# Nigerians not eating hay



## jdjuergensen (Aug 2, 2016)

Newbie here I have 3 ND's that I just brought home about 2 weeks ago & I notice they're not really eating their hay I put out. The hay is orchard grass and it's the only hay I'm aware of that I can get around here. I read in the sticky above that a munis hound eat about 1/2 flake twice daily and my goats combined have probably only eaten maybe a flake or 2 between the 3 of them in 2 weeks! They do eat a lot of fresh grasses/leaves/sticker bushes during the day is that the reason why or do you think my hay is bad?!? @salteylove ????


----------



## Suzanne_Tyler (Jul 19, 2014)

My goats much prefer fresh greenery over hay. There's probably nothing wrong with your hay, they should start eating it a lot more in the fall and winter.


----------



## SalteyLove (Jun 18, 2011)

Are these adults or kids?

How much pasture/browse space are they on? Acres?
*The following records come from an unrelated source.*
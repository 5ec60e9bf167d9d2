-- ===== src/LruList/Ops.antt =====
-- `insert` and `Remove` of lru_list.go, run on a memory where an address holds a list of nodes.
use wb_l.Base.{◌==◌, ◌≡◌, ◌≢◌, true, false, ◌∷◌, List, arith}
use wb_l.LruList.{update, Ptr, nil, Heap, ok, success, failure, root_error, not_in_list_error}
use wb_l.LruList.Code.{insert, remove}
use wb_l.LruList.Ring.{has}
use wb_l.LruList.Rep.{Rep, IsFree, inserted, removed, next-ne_nil, prev-ne_nil}

module _ {ℓ} {K V : Type ℓ} {h : Heap K V} {l : Ptr} {ps : List Ptr} (r : Rep h l ps) where
  pub insert-inserted :
      (node here : Ptr)
      → IsFree h node
      → has here (l ∷ ps) ≡ true
      → insert l node here h ≡ ok (success node) (inserted l node here h)
  unfolding insert
  insert-inserted node here f i =
      let live : (node == nil) ≡ false = ground (arith, f.ne_nil) in
      let here_live : (here == nil) ≡ false = ground (arith, r.no_nil) in
      let next_live : (h.next here == nil) ≡ false = ground (arith, next-ne_nil r here i) in
      let list_live : (l == nil) ≡ false = ground (arith, r.no_nil) in
      let mine : (h.list here == l) ≡ true = ground (arith, r.owned here) in
      simp (live, here_live, next_live, list_live, f.list, f.next, f.prev, mine)

  pub remove-removed :
      (here : Ptr) → has here ps ≡ true → remove l here h ≡ ok (success here) (removed l here h)
  unfolding remove
  remove-removed here i =
      let here_live : (here == nil) ≡ false = ground (arith, r.no_nil) in
      let next_live : (h.next here == nil) ≡ false = ground (arith, next-ne_nil r here) in
      let prev_live : (h.prev here == nil) ≡ false = ground (arith, prev-ne_nil r here) in
      let list_live : (l == nil) ≡ false = ground (arith, r.no_nil) in
      let mine : (h.list here == l) ≡ true = ground (arith, r.owned here) in
      let inner : (here == l) ≡ false = ground (arith, r.distinct.0) in
      let same : update h.next (h.prev here) (h.next here) here ≡ h.next here = ground arith in
      simp (here_live, next_live, prev_live, list_live, mine, inner, same)

  pub remove_root : remove l l h ≡ ok (failure root_error) h
  unfolding remove
  remove_root = ground (arith, r.owned l, r.no_nil)

  pub remove_foreign :
      (p : Ptr) → p ≢ nil → has p (l ∷ ps) ≡ false → remove l p h ≡ ok (failure not_in_list_error) h
  unfolding remove
  remove_foreign p ne out = ground (arith, r.owned p)

  pub insert_foreign :
      (node here : Ptr)
      → IsFree h node
      → here ≢ nil
      → has here (l ∷ ps) ≡ false
      → insert l node here h ≡ ok (failure not_in_list_error) h
  unfolding insert
  insert_foreign node here f ne out = ground (arith, f.ne_nil, f.list, f.next, f.prev, r.owned here)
Is the hay green, fragrant, and soft or is it yellow and coarse?

As Suzanne said, goats will almost always choose browsing and grazing over hay, so if they are getting plenty to eat that way, they may not need the hay until the grazing season is over! Do you see their rumens on the left sides expand and contract different times throughout the day? And do you ever see them laying down and chewing cud?


----------



## audrey (Jul 17, 2012)

My goats actually really dislike orchard grass it seems. They love timothy though! IDK why, but they will not touch orchard grass!


----------



## Suzanne_Tyler (Jul 19, 2014)

^^My goats won't eat anything except alfalfa.


----------



## Harriet_and_Hens (Apr 26, 2015)

My Nigerians are being pretty picky as well! My mix is orchard/ clover mix, but they pick out like 10 tiny pieces and then leave the rest there. I just keep adding new hay to the bag, and then about every 2-3 days I have to empty out the old hay and put in new stuff in to get them to eat it. It does concern me because they don't have much of a 'hay belly' at all by the end of the day, or in the morning (from over night hay eating). 
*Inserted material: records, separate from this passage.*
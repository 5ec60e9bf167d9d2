-- ===== src/LruList/Fresh.antt =====
-- `NewLRUListNode` and `NewLRUList`: allocation of a free node and of an empty list.
use wb_l.Base.{◌≡◌, refl, false, true, ◌+◌, ◌<◌, ◌==◌, List, [], ◌∷◌, arith, map}
use wb_l.LruList.{Ptr, nil, Heap, ok, update}
use wb_l.LruList.Code.{new_node, new_list}
use wb_l.LruList.Ring.{has, Seg-frame, has-append}
use wb_l.LruList.Rep.{Rep, IsFree}

module _ {ℓ} {K V : Type ℓ} where
  -- The pairs that the nodes hold, in their order.
  abbrev pub entries : Heap K V → List Ptr → List (K × V)
  entries h = map (λ p. (h.key p, h.value p))

  -- The memory after `NewLRUListNode(key, value, nil, nil, nil)`.
  abbrev pub created : K → V → Heap K V → Heap K V
  created key value h = record h {
    next = update h.next h.top nil;
    prev = update h.prev h.top nil;
    list = update h.list h.top nil;
    key = update h.key h.top key;
    value = update h.value h.top value;
    top = h.top + 1;
  }

  -- The memory after `NewLRUList()`.
  abbrev pub listed : Heap K V → Heap K V
  listed h = record h {
    next = update h.next h.top h.top;
    prev = update h.prev h.top h.top;
    list = update h.list h.top h.top;
    len = update h.len h.top 0;
    top = h.top + 1;
  }

  -- Two memories agree on what the nodes `ps` hold.
  pub entries-eq :
      (h h' : Heap K V) (ps : List Ptr)
      → ((p : Ptr) → has p ps ≡ true → (h'.key p ≡ h.key p) × (h'.value p ≡ h.value p))
      → entries h' ps ≡ entries h ps
  entries-eq h h' [] same = refl
  entries-eq h h' (p ∷ ps) same =
      ground (arith, same p, entries-eq h h' ps (λ q i. same q (ground arith)))

  pub new_node-created :
      (key : K) (value : V) (h : Heap K V)
      → nil < h.top
      → new_node key value nil nil nil h ≡ ok h.top (created key value h)
  unfolding new_node
  new_node-created key value h pos = let live : (h.top == nil) ≡ false = ground arith in simp live

  pub created-IsFree :
      (key : K) (value : V) (h : Heap K V) → nil < h.top → IsFree (created key value h) h.top
  created-IsFree key value h pos = record {
    ne_nil = ground arith;
    list = ground arith;
    next = ground arith;
    prev = ground arith;
    old = ground arith;
  }

  module _ {h : Heap K V} {l : Ptr} {ps : List Ptr} (r : Rep h l ps) where
    pub top-pos : nil < h.top
    top-pos = ground (arith, r.old l)

    pub top-new : has h.top (l ∷ ps) ≡ false
    top-new = ground (arith, r.old h.top)

    pub created-Rep : (key : K) (value : V) → Rep (created key value h) l ps
    created-Rep key value = record {
      ring =
          Seg-frame h.next h.prev (update h.next h.top nil) (update h.prev h.top nil) l ps l
            (λ p i. ground (arith, top-new))
            (λ p i. ground (arith, top-new, has-append p ps (l ∷ []))) r.ring;
      distinct = r.distinct;
      owned = λ p. ground (arith, r.owned p, top-new, r.no_nil);
      len = r.len;
      no_nil = r.no_nil;
      old = λ p i. ground (arith, r.old p);
    }

    pub listed-Rep_other : Rep (listed h) l ps
    listed-Rep_other = record {
      ring =
          Seg-frame h.next h.prev (update h.next h.top h.top) (update h.prev h.top h.top) l ps l
            (λ p i. ground (arith, top-new))
            (λ p i. ground (arith, top-new, has-append p ps (l ∷ []))) r.ring;
      distinct = r.distinct;
      owned = λ p. ground (arith, r.owned p, top-new);
      len = ground (arith, r.len, top-new);
      no_nil = r.no_nil;
      old = λ p i. ground (arith, r.old p);
    }

    pub entries-created : (key : K) (value : V) → entries (created key value h) ps ≡ entries h ps
    entries-created key value =
        entries-eq h (created key value h) ps (λ p i. ground (arith, top-new))

  -- Fresh memory: nothing at or above `top` says that it belongs to a list, and `nil` is not a node.
  pub record IsFresh (h : Heap K V) : Type 0 where
    pub pos : nil < h.top
    pub unused : (p : Ptr) → h.list p < h.top

  pub new_list-listed : (h : Heap K V) → IsFresh h → new_list h ≡ ok h.top (listed h)
  unfolding new_list
  new_list-listed h f = let live : (h.top == nil) ≡ false = ground (arith, f.pos) in simp live

  pub listed-Rep : (h : Heap K V) → IsFresh h → Rep (listed h) h.top []
  listed-Rep h f = record {
    ring = ground arith;
    distinct = ground arith;
    owned = λ p. ground (arith, f.unused p);
    len = ground arith;
    no_nil = ground (arith, f.pos);
    old = λ p i. ground arith;
  }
I recently posted about my FF yelling..... a lot. She stands on a big rock and yells.. and yells.... and yells. I think it might be the hay? But like you, I don't know what else is even available around here. I have been giving her Alfalfa chopped hay (bought at TSC) in addition to the regular hay and she does love that, but it hasn't helped with the crying.
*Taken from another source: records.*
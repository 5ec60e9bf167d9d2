-- ===== src/LruList/Methods.antt =====
-- What a method of lru_list.go does to the list of nodes, and the methods that only read it.
use wb_l.Base.Lists.{length}
use wb_l.Base.{
  if◌then◌else◌, Bool-cases, inl, inr, refl, ◌≢◌, ◌∙◌, false, true, ◌≡◌, refl, ◌≢◌, true, false,
  ◌==◌, List, [], ◌∷◌, ◌++◌, arith,
}
use wb_l.LruList.{Ptr, nil, Heap, ok, success}
use wb_l.LruList.Code.{empty, size, back, front, remove, push_front_node}
use wb_l.LruList.Ring.{has, insert_behind, erase, has-append, has-prev}
use wb_l.LruList.Nodes.{insert_behind_last}
use wb_l.LruList.Rep.{
  removed-IsFree, Rep, IsFree, inserted, removed, inserted-Rep, removed-Rep, inserted-Rep_other,
  removed-Rep_other,
}
use wb_l.LruList.Ops.{remove-removed, insert-inserted}
use wb_l.LruList.Fresh.{entries-created, created-Rep, created, entries}

-- `h'` is `h` with the list at `l` changed to the nodes `ps`, which hold `es`; every other list is
-- as it was.
pub record Becomes {ℓ} {K V : Type ℓ} (h h' : Heap K V) (l : Ptr) (ps : List Ptr)
    (es : List (K × V)) : Type ℓ where
  pub rep : Rep h' l ps
  pub holds : entries h' ps ≡ es
  pub others :
      (l' : Ptr) (qs : List Ptr)
      → l' ≢ l
      → Rep h l' qs
      → Rep h' l' qs × (entries h' qs ≡ entries h qs)

module _ {ℓ} {K V : Type ℓ} {h : Heap K V} {l : Ptr} {ps : List Ptr} (r : Rep h l ps) where
  pub has_front : has (h.prev l) (l ∷ ps) ≡ true
  has_front = has-prev h.next h.prev l l ps l r.ring (ground (arith, has-append l ps (l ∷ [])))

  pub front_place : (node : Ptr) → insert_behind node (h.prev l) l ps ≡ ps ++ node ∷ []
  front_place node = insert_behind_last h.next h.prev node l ps l r.ring r.distinct

  pub push_front_node-inserted :
      (node : Ptr)
      → IsFree h node
      → push_front_node l node h ≡ ok (success node) (inserted l node (h.prev l) h)
  unfolding push_front_node
  push_front_node-inserted node f =
      let live : (l == nil) ≡ false = ground (arith, r.no_nil) in
      rw live (insert-inserted r node (h.prev l) f has_front)

  pub inserted-Becomes :
      (node here : Ptr)
      → IsFree h node
      → has here (l ∷ ps) ≡ true
      → Becomes h
          (inserted l node here h)
          l
          (insert_behind node here l ps)
          (entries h (insert_behind node here l ps))
  inserted-Becomes node here f i = record {
    rep = inserted-Rep r node here f i;
    holds = refl;
    others = λ l' qs apart r'. (inserted-Rep_other r l' qs r' apart node here f i, refl);
  }

  pub removed-Becomes :
      (here : Ptr)
      → has here ps ≡ true
      → Becomes h (removed l here h) l (erase here ps) (entries h (erase here ps))
  removed-Becomes here i = record {
    rep = removed-Rep r here i;
    holds = refl;
    others = λ l' qs apart r'. (removed-Rep_other r l' qs r' apart here i, refl);
  }

  pub created-Becomes : (k : K) (v : V) → Becomes h (created k v h) l ps (entries h ps)
  created-Becomes k v = record {
    rep = created-Rep r k v;
    holds = entries-created r k v;
    others = λ l' qs apart r'. (created-Rep r' k v, entries-created r' k v);
  }

  -- A removal writes no key and no value.
  pub remove-Becomes :
      (here : Ptr)
      → has here ps ≡ true
      → (h' : Heap K V) × (remove l here h ≡ ok (success here) h')
        × Becomes h h' l (erase here ps) (entries h (erase here ps))
        × IsFree h' here
        × (h'.key ≡ h.key)
        × (h'.value ≡ h.value)
        × (h'.top ≡ h.top)
  remove-Becomes here i = (
    removed l here h,
    remove-removed r here i,
    removed-Becomes here i,
    removed-IsFree r here i,
    refl,
    refl,
    refl,
  )

  pub front_lem : front l h ≡ ok (if h.prev l == l then nil else h.prev l) h
  unfolding front
  front_lem =
      let live : (l == nil) ≡ false = ground (arith, r.no_nil) in
      let same : h.list l ≡ l = ground (arith, r.owned l) in
      elim (Bool-cases (h.prev l == l)) [
        | inl e ↦ simp (live, same, e)
        | inr e ↦ simp (live, same, e)
      ]

  pub back_lem : back l h ≡ ok (if h.next l == l then nil else h.next l) h
  unfolding back
  back_lem =
      let live : (l == nil) ≡ false = ground (arith, r.no_nil) in
      let same : h.list l ≡ l = ground (arith, r.owned l) in
      elim (Bool-cases (h.next l == l)) [
        | inl e ↦ simp (live, same, e)
        | inr e ↦ simp (live, same, e)
      ]

  pub size_lem : size l h ≡ ok (length ps) h
  unfolding size
  size_lem = let live : (l == nil) ≡ false = ground (arith, r.no_nil) in rw (live, r.len)

  pub empty_lem : empty l h ≡ ok (length ps == 0) h
  unfolding empty
  empty_lem = let live : (l == nil) ≡ false = ground (arith, r.no_nil) in rw (live, r.len)

pub Becomes-trans {ℓ} :
    {K V : Type ℓ} {h h' h'' : Heap K V} {l : Ptr} {ps qs : List Ptr} {es fs : List (K × V)}
    → Becomes h h' l ps es
    → Becomes h' h'' l qs fs
    → Becomes h h'' l qs fs
Becomes-trans b c = record {
  rep = c.rep;
  holds = c.holds;
  others = λ l' qs apart r'.
      let (s, e) = b.others l' qs apart r' in let (t, f) = c.others l' qs apart s in (t, f ∙ e);
}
For your sanity and your neighbors, I hope you don't get a screamer :GAAH:


----------



## jdjuergensen (Aug 2, 2016)

SalteyLove said:


> Are these adults or kids?
> 
> How much pasture/browse space are they on? Acres?
> 
> ...


So it's a 3 year old doe and 2 kids. It's funny, now that you mention the rumens expanding and contracting I don't notice it at all on the kids but I do on the doe. I almost never see them chewing cud. Maybe only once or twice in 2 weeks. I let them out for hours throughout our property to eat (they have an acre fenced for them but 8 more to roam) so I see them eating a lot (just not hay). Hopefully come wintertime they change their tune to the hay since there won't be so much other stuff to eat! I have to take a pic of the hay...it's definitely not green but more yellow and coarse.


----------



## jdjuergensen (Aug 2, 2016)

Harriet_and_Hens said:


> My Nigerians are being pretty picky as well! My mix is orchard/ clover mix, but they pick out like 10 tiny pieces and then leave the rest there. I just keep adding new hay to the bag, and then about every 2-3 days I have to empty out the old hay and put in new stuff in to get them to eat it. It does concern me because they don't have much of a 'hay belly' at all by the end of the day, or in the morning (from over night hay eating).
> 
> I recently posted about my FF yelling..... a lot. She stands on a big rock and yells.. and yells.... and yells. I think it might be the hay? But like you, I don't know what else is even available around here. I have been giving her Alfalfa chopped hay (bought at TSC) in addition to the regular hay and she does love that, but it hasn't helped with the crying.
> 
> For your sanity and your neighbors, I hope you don't get a screamer :GAAH:


Yes! When I give hay they pick like a few pieces that have what looks like a little "wheat" top and then they leave the rest! I also never see them drink water. Goats are definitely not like my dog when it comes to feeding lol!


----------



## SalteyLove (Jun 18, 2011)

When you open a good bale of hay, the goats should be excited and be grabbing large mouthfuls. I can't even make it to the hay rack without them taking a bite!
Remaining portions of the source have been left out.